Compute mutual-reachability (reachability) distances

Description

For every pair of points (i, j), the mutual-reachability distance is

d_{\text{reach}}(i,j) = \max\bigl(\text{core}_k(i),\; \text{core}_k(j),\; d(i,j)\bigr)

where \text{core}_k(i) is the distance from point i to its k-th nearest neighbour (k = \texttt{min\_points} - 1) and d(i,j) is the Euclidean distance.

Usage

calculate_reachability_distance(points, min_points = 5)

Arguments

points

A numeric matrix of shape n \times p.

min_points

A positive integer \geq 2 giving the neighbourhood size used for the core-distance calculation. Corresponds to MinPts in HDBSCAN. Default is 5.

Value

A symmetric n \times n numeric matrix of mutual-reachability distances with zeros on the diagonal.


Compute density-connectivity (DC) distances

Description

The main entry point for constructing the DC-distance matrix used throughout the DISCO metric. The procedure is:

  1. Compute mutual-reachability distances (calculate_reachability_distance).

  2. Build the minimum spanning tree of those distances (get_mst_edges).

  3. Extract pairwise DC distances as minimax-path weights in the MST (extract_dc_distances_from_mst).

Usage

compute_dc_distances(X, min_points = 5)

Arguments

X

A numeric matrix of shape n \times p, or a data.frame that will be coerced to a matrix.

min_points

A positive integer for the core-distance neighbourhood size. Default is 5.

Value

A symmetric n \times n numeric matrix of DC distances.

Examples

set.seed(1)
X <- matrix(rnorm(40), ncol = 2)
D <- compute_dc_distances(X, min_points = 5)
dim(D)   # 20 x 20

Per-sample DISCO scores

Description

Computes a pointwise DISCO score for every observation in X. The score lies in [-1, 1]:

Four cases are handled:

  1. All noise — every point labelled -1: all scores are -1.

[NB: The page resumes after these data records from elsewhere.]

-- ===== src/Compat/Temporary.antt =====
-- mkstemp, mkdtemp and mktemp of src/compat.c. The state is mktemp_counter.
use c_lite.Base.{
  ℕ, zero, suc, ◌+◌, ◌-◌, ◌*◌, ◌/◌, ◌%◌, ◌^◌, Bool, true, false, not, ◌&&◌, [], ◌∷◌, ◌++◌, Option,
  none, some, ltb, ◌==◌, if◌then◌else◌, length, take, drop, get_or,
}
use c_lite.Base.Int.{ℤ, pos, negsuc, is_zero}
use c_lite.Text.{Bytes, codes}
use c_lite.Syscall.{Os, Sys, ◌>>=◌, pure, fail, minus_one, getpid}
use c_lite.Syscall.Files.{open_file, mkdir}
use c_lite.Syscall.Numbers.{einval}

abbrev pub chars : Bytes
chars = codes "ABCDEFGHIJKLMNOPQRSTUVWXYZabcdefghijklmnopqrstuvwxyz0123456789"

unfoldable pub all_x : Bytes → Bool
all_x [] = true
all_x (c ∷ cs) = c == b'X' && all_x cs

-- The last n characters of the name, from the end.
unfoldable pub fresh_name : ℕ → ℕ → Bytes → Bytes
fresh_name zero v acc = acc
fresh_name (suc n) v acc = fresh_name n (v / 62) (get_or chars (v % 62) 0 ∷ acc)

-- An int as an unsigned int.
abbrev pub unsigned : ℤ → ℕ
unsigned (pos n) = n % 2 ^ 32
unsigned (negsuc n) = 2 ^ 32 - 1 - n % 2 ^ 32

module _ (O : Os) where
  -- The template and the counter after the call.
  unfoldable pub mktemp_replace : Bytes → ℕ → Sys O (Bytes × ℕ)
  unfolding all_x fresh_name getpid
  mktemp_replace t counter =
      if ltb (length t) 6
      then pure (t, counter)
      else if not (all_x (drop (length t - 6) t))
      then pure (t, counter)
      else (do
        pid ← getpid O
        pure (
          take (length t - 6) t ++ fresh_name 6 ((unsigned pid * 2654435761 + counter) % 2 ^ 32) [],
          (counter + 1) % 2 ^ 32,
        ))

  -- O_RDWR | O_CREAT | O_EXCL, and the mode 0600
  unfoldable pub mkstemp : Option Bytes → ℕ → Sys O (ℤ × Option Bytes × ℕ)
  unfolding mktemp_replace open_file
  mkstemp none counter = fail einval (minus_one, none, counter)
  mkstemp (some t) counter = do
    (t', counter') ← mktemp_replace t counter
    fd ← open_file O (some t') 0xc2 384
    pure (fd, some t', counter')

  -- Whether the result is not null, the template and the counter. The mode is 0700.
  unfoldable pub mkdtemp : Option Bytes → ℕ → Sys O (Bool × Option Bytes × ℕ)
  unfolding mktemp_replace mkdir
  mkdtemp none counter = fail einval (false, none, counter)
  mkdtemp (some []) counter = fail einval (false, some [], counter)
  mkdtemp (some (c ∷ cs)) counter = do
    (t', counter') ← mktemp_replace (c ∷ cs) counter
    ret ← mkdir O (some t') 448
    pure (is_zero ret, some t', counter')

  unfoldable pub mktemp : Option Bytes → ℕ → Sys O (Option Bytes × ℕ)
  unfolding mktemp_replace
  mktemp none counter = pure (none, counter)
  mktemp (some t) counter = do (t', counter') ← mktemp_replace t counter; pure (some t', counter')
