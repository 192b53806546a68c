-- ===== src/Dirent/Listing.antt =====
-- readdir lists the records of the buffer.
use c_lite.Base.{
  ℕ, zero, suc, ◌+◌, ◌%◌, ◌^◌, ◌≤◌, ◌<◌, ◌≡◌, refl, sym, ap, ◌∙◌, inl, inr, Bool, true, false, List,
  [], ◌∷◌, Option, none, some, ltb, lt→ltb, ge→ltb, ◌==◌, ne→==, if◌then◌else◌, Bool-cases, length,
  arith,
}
use c_lite.Text.{Bytes}
use c_lite.Dirent.{Entry, Dir, uint_at, name_at, readdir_loop, read_buffer, at_index, readdir}

abbrev is_empty : Bytes → Bool
is_empty [] = true
is_empty (c ∷ cs) = false

-- The records of a buffer from an offset on: each is inside of the buffer, and has a length.
unfoldable pub Layout : (ℕ → ℕ) → ℕ → ℕ → List Entry → Type 0
Layout b len p [] = (p ≤ len) × (len < p + 8)
Layout b len p (e ∷ es) =
    (p + 8 ≤ len)
    × (uint_at b p ≡ e.d_ino)
    × (name_at 255 b (p + 8) ≡ e.d_name)
    × (0 < uint_at b (p + 4))
    × (p + uint_at b (p + 4) ≤ len)
    × Layout b len (p + uint_at b (p + 4)) es

-- The first record with a name, and the records after it.
unfoldable pub first_named : List Entry → Option Entry
first_named [] = none
first_named (e ∷ es) = if is_empty e.d_name then first_named es else some e

unfoldable pub after_named : List Entry → List Entry
after_named [] = []
after_named (e ∷ es) = if is_empty e.d_name then after_named es else es

is_empty-name_at : (n : ℕ) (b : ℕ → ℕ) (p : ℕ) → is_empty (name_at (suc n) b p) ≡ (b p == 0)
unfolding name_at
is_empty-name_at n b p = elim (Bool-cases (b p == 0)) [
  | inl nul ↦ rw nul refl
  | inr byte ↦ rw byte refl
]

small : (n : ℕ) → n ≤ 4104 → n % 2 ^ 32 ≡ n
small n h = omega arith

readdir_loop-Layout :
    (b : ℕ → ℕ) (len : ℕ) (es : List Entry) (f p : ℕ)
    → len ≤ 4096
    → length es < f
    → Layout b len p es
    → (i : ℕ) × (readdir_loop f b len p p ≡ some (first_named es, i))
      × Layout b len i (after_named es)
unfolding readdir_loop first_named after_named Layout
readdir_loop-Layout b len es zero p fit enough h = absurd (omega arith)
readdir_loop-Layout b len [] (suc f) p fit enough (low, high) =
    (p, rw (small (p + 8) (omega arith), lt→ltb len (p + 8) high) refl, (low, high))
readdir_loop-Layout b len (e ∷ es) (suc f) p fit enough
      (inside, ino, name, some_length, end, more) =
    let go_on : ltb len (p + 8) ≡ false = ge→ltb len (p + 8) inside in
    let more_than_none : (uint_at b (p + 4) == 0) ≡ false = ne→== _ 0 (omega arith) in
    let named : is_empty e.d_name ≡ (b (p + 8) == 0) =
      ap is_empty (sym name) ∙ is_empty-name_at 254 b (p + 8) in
    elim (Bool-cases (b (p + 8) == 0)) [
      | inl nul ↦
          let (i, result, rest) =
            readdir_loop-Layout b len es f (p + uint_at b (p + 4)) fit (omega arith) more in
          (
            i,
            rw
                (
                  small (p + 8) (omega arith),
                  go_on,
                  more_than_none,
                  small (p + uint_at b (p + 4)) (omega arith),
                  named,
                  nul,
                )
                result,
            rw (named, nul) rest,
          )
      | inr byte ↦ (
        p + uint_at b (p + 4),
        rw
            (
              small (p + 8) (omega arith),
              go_on,
              more_than_none,
              small (p + uint_at b (p + 4)) (omega arith),
              named,
              byte,
              ino,
              name,
            )
            refl,
        rw (named, byte) more,
      )
    ]

at_buffer :
    (fuel : ℕ) (d : Dir) (b : ℕ → ℕ) (o : Option (ℕ → ℕ))
    → o ≡ some b
    → read_buffer fuel d o ≡ at_index d (readdir_loop fuel b d.buflen d.index d.index)
unfolding read_buffer
at_buffer fuel d b o h = rw h refl

-- A directory stream whose buffer of at most 4096 bytes holds records from the index on: with more
-- fuel than there are records, readdir returns the first record with a name, or NULL where there is
-- none, and leaves the index at the records after it.
pub readdir-Layout :
    (d : Dir) (b : ℕ → ℕ) (es : List Entry) (fuel : ℕ)
    → d.buf ≡ some b
    → d.buflen ≤ 4096
    → length es < fuel
    → Layout b d.buflen d.index es
    → (i : ℕ) × (readdir fuel d ≡ some (first_named es, record d { index = i }))
      × Layout b d.buflen i (after_named es)
unfolding readdir
readdir-Layout d b es fuel filled fit enough h =
    let (i, result, rest) = readdir_loop-Layout b d.buflen es fuel d.index fit enough h in
    (i, at_buffer fuel d b d.buf filled ∙ ap (at_index d) result, rest)
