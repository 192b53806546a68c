-- ===== src/Fnmatch/Rest.antt =====
-- What the loops over the pattern leave is a rest of it.
use c_lite.Base.{
  ℕ, zero, suc, ◌<◌, ◌≡◌, inl, inr, refl, Bool, true, false, not, ◌&&◌, ◌||◌, [], ◌∷◌, Option, none,
  some, ◌==◌, if◌then◌else◌, length, arith, leb, Bool-cases,
}
use c_lite.Text.{Bytes, first, rest_of}
use c_lite.Memory.{NoNul}
use c_lite.Fnmatch.{member, range_end, bracket_loop, match_bracket, skip_stars}

-- A pattern without NUL that the fuel is enough for.
pub record Fits (f : ℕ) (p : Bytes) : Type 0 where
  pub no_nul : NoNul p
  pub enough : length p < f

pub tail-Fits : {f c : ℕ} {p : Bytes} → Fits (suc f) (c ∷ p) → Fits f p
tail-Fits h = record { no_nul = h.no_nul.1; enough = let e = h.enough in omega arith }

pub weaken-Fits : {f : ℕ} {p : Bytes} → Fits f p → Fits (suc f) p
weaken-Fits h = record { no_nul = h.no_nul; enough = let e = h.enough in omega arith }

pub rest_of-Fits : {f : ℕ} (p : Bytes) → Fits f p → Fits f (rest_of p)
rest_of-Fits [] h = h
rest_of-Fits (c ∷ p) h = tail-Fits (weaken-Fits h)

member-Fits : {f : ℕ} (p : Bytes) → Fits f p → Fits f (member p).1
member-Fits p h = elim (Bool-cases (first p == b'\\' && not (first (rest_of p) == 0))) [
  | inl e ↦ rw e (rest_of-Fits (rest_of p) (rest_of-Fits p h))
  | inr e ↦ rw e (rest_of-Fits p h)
]

range_end-Fits : {f : ℕ} (lo : ℕ) (p : Bytes) → Fits f p → Fits f (range_end lo p).1
range_end-Fits lo p h =
    elim (Bool-cases
      (first p == b'-' && not (first (rest_of p) == 0) && not (first (rest_of p) == b']'))) [
        | inl e ↦ rw e (member-Fits (rest_of p) (rest_of-Fits p h))
        | inr e ↦ rw e h
      ]

bracket_loop-Fits :
    (n : ℕ) {f : ℕ} (c : ℕ) (at_first matched : Bool) (p : Bytes)
    → Fits f p
    → Fits f (bracket_loop n c at_first matched p).1
unfolding bracket_loop
bracket_loop-Fits zero c at_first matched p h = h
bracket_loop-Fits (suc n) c at_first matched p h =
    let after = (member p).1 in
    let end = range_end (member p).0 after in
    let rest =
      bracket_loop-Fits n c false (matched || (leb (member p).0 c && leb c end.0)) end.1
        (range_end-Fits (member p).0 after (member-Fits p h)) in
    elim (Bool-cases (not (first p == 0) && not (first p == b']' && not at_first))) [
      | inl e ↦ rw e rest
      | inr e ↦ rw e h
    ]

rest_or_self : {f : ℕ} (b : Bool) (p : Bytes) → Fits f p → Fits f (if b then rest_of p else p)
rest_or_self true p h = rest_of-Fits p h
rest_or_self false p h = h

found_rest :
    (b e : Bool) (r r' : Bool) (rest rest' : Bytes) (o : Option (Bool × Bytes))
    → o ≡ some (r, rest)
    → (if b then none else if e then none else o) ≡ some (r', rest')
    → rest' ≡ rest
found_rest true e r r' rest rest' o same run = absurd cc
found_rest false true r r' rest rest' o same run = absurd cc
found_rest false false r r' rest rest' o same run = cc

pub match_bracket-Fits :
    {f : ℕ} (c : ℕ) (p : Bytes) (r : Bool) (rest : Bytes)
    → match_bracket c p ≡ some (r, rest)
    → Fits f p
    → Fits f rest
unfolding match_bracket
match_bracket-Fits {f = f} c p r rest run h =
    let begin = if first p == b'!' || first p == b'^' then rest_of p else p in
    let end = (bracket_loop (length begin) c true false begin).1 in
    let fits : Fits f begin = rest_or_self (first p == b'!' || first p == b'^') p h in
    let same : rest ≡ rest_of end =
      found_rest (first begin == 0) (not (first end == b']')) _ _ _ _ _ refl run in
    rw same (rest_of-Fits end (bracket_loop-Fits (length begin) c true false begin fits))

pub skip_stars-Fits : {f : ℕ} (p : Bytes) → Fits f p → Fits f (skip_stars p)
unfolding skip_stars
skip_stars-Fits [] h = h
skip_stars-Fits (c ∷ p) h = elim (Bool-cases (c == b'*')) [
  | inl e ↦ rw e (skip_stars-Fits p (tail-Fits (weaken-Fits h)))
  | inr e ↦ rw e h
]
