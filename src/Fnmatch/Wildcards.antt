-- ===== src/Fnmatch/Wildcards.antt =====
-- What a pattern matches where no flag is set: the meaning of '*', '?', classes and escapes.
use c_lite.Base.{ℕ, ◌<◌, ◌≡◌, ◌≢◌, ◌⊎◌, inl, inr, true, false, [], ◌∷◌, none, some, arith}
use c_lite.Text.{Bytes, first, rest_of}
use c_lite.Fnmatch.{Flags, match_bracket}

abbrev pub no_flags : Flags
no_flags = record { pathname = false; noescape = false; period = false }

-- A byte that stands for itself: a backslash does at the end of the pattern.
abbrev pub IsLiteral : ℕ → Bytes → Type 0
IsLiteral c p = (c ≢ b'*') × (c ≢ b'?') × (c ≢ b'[') × (c ≡ b'\\' → first p ≡ 0)

-- `Matches pattern string`. A byte from 128 on matches neither itself nor its escape.
pub data Matches : Bytes → Bytes → Type 0 where
  done : Matches [] []
  escape :
      {c x : ℕ} {p s : Bytes}
      → c ≡ b'\\'
      → first p ≢ 0
      → x ≡ first p
      → x < 128
      → Matches (rest_of p) s
      → Matches (c ∷ p) (x ∷ s)
  leave : {c : ℕ} {p s : Bytes} → c ≡ b'*' → Matches p s → Matches (c ∷ p) s
  more : {c x : ℕ} {p s : Bytes} → c ≡ b'*' → Matches (c ∷ p) s → Matches (c ∷ p) (x ∷ s)
  any : {c x : ℕ} {p s : Bytes} → c ≡ b'?' → Matches p s → Matches (c ∷ p) (x ∷ s)
  class :
      {c x : ℕ} {p rest s : Bytes}
      → c ≡ b'['
      → match_bracket x p ≡ some (true, rest)
      → Matches rest s
      → Matches (c ∷ p) (x ∷ s)
  bracket :
      {c x : ℕ} {p s : Bytes}
      → c ≡ b'['
      → match_bracket x p ≡ none
      → x ≡ b'['
      → Matches p s
      → Matches (c ∷ p) (x ∷ s)
  byte :
      {c x : ℕ} {p s : Bytes}
      → IsLiteral c p
      → x ≡ c
      → x < 128
      → Matches p s
      → Matches (c ∷ p) (x ∷ s)

-- What a derivation tells for each kind of first byte.
pub no_empty : {x : ℕ} {s : Bytes} → Matches [] (x ∷ s) → ⊥
no_empty d = elim d [ ]

pub only_star : {c : ℕ} {p : Bytes} → Matches (c ∷ p) [] → c ≡ b'*'
only_star (leave e d) = e

pub leave_empty : {c : ℕ} {p : Bytes} → Matches (c ∷ p) [] → Matches p []
leave_empty (leave e d) = d

pub star_cases :
    {c x : ℕ} {p s : Bytes}
    → c ≡ b'*'
    → Matches (c ∷ p) (x ∷ s)
    → Matches p (x ∷ s) ⊎ Matches (c ∷ p) s
star_cases e (escape e' n m l d) = absurd (omega arith)
star_cases e (leave e' d) = inl d
star_cases e (more e' d) = inr d
star_cases e (any e' d) = absurd (omega arith)
star_cases e (class e' b d) = absurd (omega arith)
star_cases e (bracket e' b m d) = absurd (omega arith)
star_cases e (byte l m b d) = absurd (l.0 e)

pub escape_cases :
    {c x : ℕ} {p s : Bytes}
    → c ≡ b'\\'
    → first p ≢ 0
    → Matches (c ∷ p) (x ∷ s)
    → (x ≡ first p) × (x < 128) × Matches (rest_of p) s
escape_cases e nz (escape e' n m l d) = (m, l, d)
escape_cases e nz (leave e' d) = absurd (omega arith)
escape_cases e nz (more e' d) = absurd (omega arith)
escape_cases e nz (any e' d) = absurd (omega arith)
escape_cases e nz (class e' b d) = absurd (omega arith)
escape_cases e nz (bracket e' b m d) = absurd (omega arith)
escape_cases e nz (byte l m b d) = absurd (nz (l.3 e))

pub any_cases : {c x : ℕ} {p s : Bytes} → c ≡ b'?' → Matches (c ∷ p) (x ∷ s) → Matches p s
any_cases e (escape e' n m l d) = absurd (omega arith)
any_cases e (leave e' d) = absurd (omega arith)
any_cases e (more e' d) = absurd (omega arith)
any_cases e (any e' d) = d
any_cases e (class e' b d) = absurd (omega arith)
any_cases e (bracket e' b m d) = absurd (omega arith)
any_cases e (byte l m b d) = absurd (l.1 e)

-- A '[' matches by its class, or as itself where the class has no end.
pub class_cases :
    {c x : ℕ} {p s : Bytes}
    → c ≡ b'['
    → Matches (c ∷ p) (x ∷ s)
    → ((rest : Bytes) × (match_bracket x p ≡ some (true, rest)) × Matches rest s)
      ⊎ ((match_bracket x p ≡ none) × (x ≡ b'[') × Matches p s)
class_cases e (escape e' n m l d) = absurd (omega arith)
class_cases e (leave e' d) = absurd (omega arith)
class_cases e (more e' d) = absurd (omega arith)
class_cases e (any e' d) = absurd (omega arith)
class_cases e (class e' b d) = inl (_, b, d)
class_cases e (bracket e' b m d) = inr (b, m, d)
class_cases e (byte l m b d) = absurd (l.2 e)

pub byte_cases :
    {c x : ℕ} {p s : Bytes}
    → IsLiteral c p
    → Matches (c ∷ p) (x ∷ s)
    → (x ≡ c) × (x < 128) × Matches p s
byte_cases l (escape e' n m b d) = absurd (n (l.3 e'))
byte_cases l (leave e' d) = absurd (l.0 e')
byte_cases l (more e' d) = absurd (l.0 e')
byte_cases l (any e' d) = absurd (l.1 e')
byte_cases l (class e' b d) = absurd (l.2 e')
byte_cases l (bracket e' b m d) = absurd (l.2 e')
byte_cases l (byte l' m b d) = (m, b, d)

  2. Single cluster with no noise — all scores are 0.

  3. One real cluster + noise — cluster points are scored via p_cluster; noise points are scored via p_noise.

  4. Two or more clusters (optional noise) — non-noise points use p_cluster on the non-noise sub-matrix; noise points use p_noise.

Usage

disco_samples(X, labels, min_points = 5)

Arguments

X

A numeric matrix (n \times p) or data.frame.

labels

An integer vector of length n containing cluster labels. Use -1 to denote noise/outlier points.

min_points

A positive integer for the core-distance neighbourhood size. Default is 5.

Value

A numeric vector of length n with per-point DISCO scores.

See Also

disco_score, p_cluster, p_noise

Examples

set.seed(42)
X <- matrix(rnorm(100), ncol = 2)
labels <- rep(c(0L, 1L), each = 25)
s <- disco_samples(X, labels)
hist(s, main = "Per-sample DISCO scores")

Overall DISCO score

Description

Returns the mean of the per-sample DISCO scores produced by disco_samples. This is the single-number summary of clustering quality used for model selection and comparison.

Usage

disco_score(X, labels, min_points = 5)

Arguments

X

A numeric matrix (n \times p) or data.frame.

labels

An integer vector of cluster labels (-1 for noise).

min_points

Positive integer; core-distance neighbourhood size. Default is 5.

Value

A single numeric value in [-1, 1].

See Also

disco_samples

Examples

set.seed(42)
X <- matrix(rnorm(100), ncol = 2)
labels <- rep(c(0L, 1L), each = 25)
disco_score(X, labels)

Extract DC distances from an MST via BFS minimax-path traversal

Description

Given the edges of a minimum spanning tree, computes the density-connectivity (DC) distance matrix. The DC distance between two points is the maximum edge weight on the unique path connecting them in the MST (minimax path). BFS is used to propagate these path maxima from every source node.

Usage

extract_dc_distances_from_mst(mst_edges, n)

Arguments

mst_edges

A data.frame with columns i, j, dist as returned by get_mst_edges.

n

Integer, total number of points.

Value

A symmetric n \times n numeric matrix of DC distances.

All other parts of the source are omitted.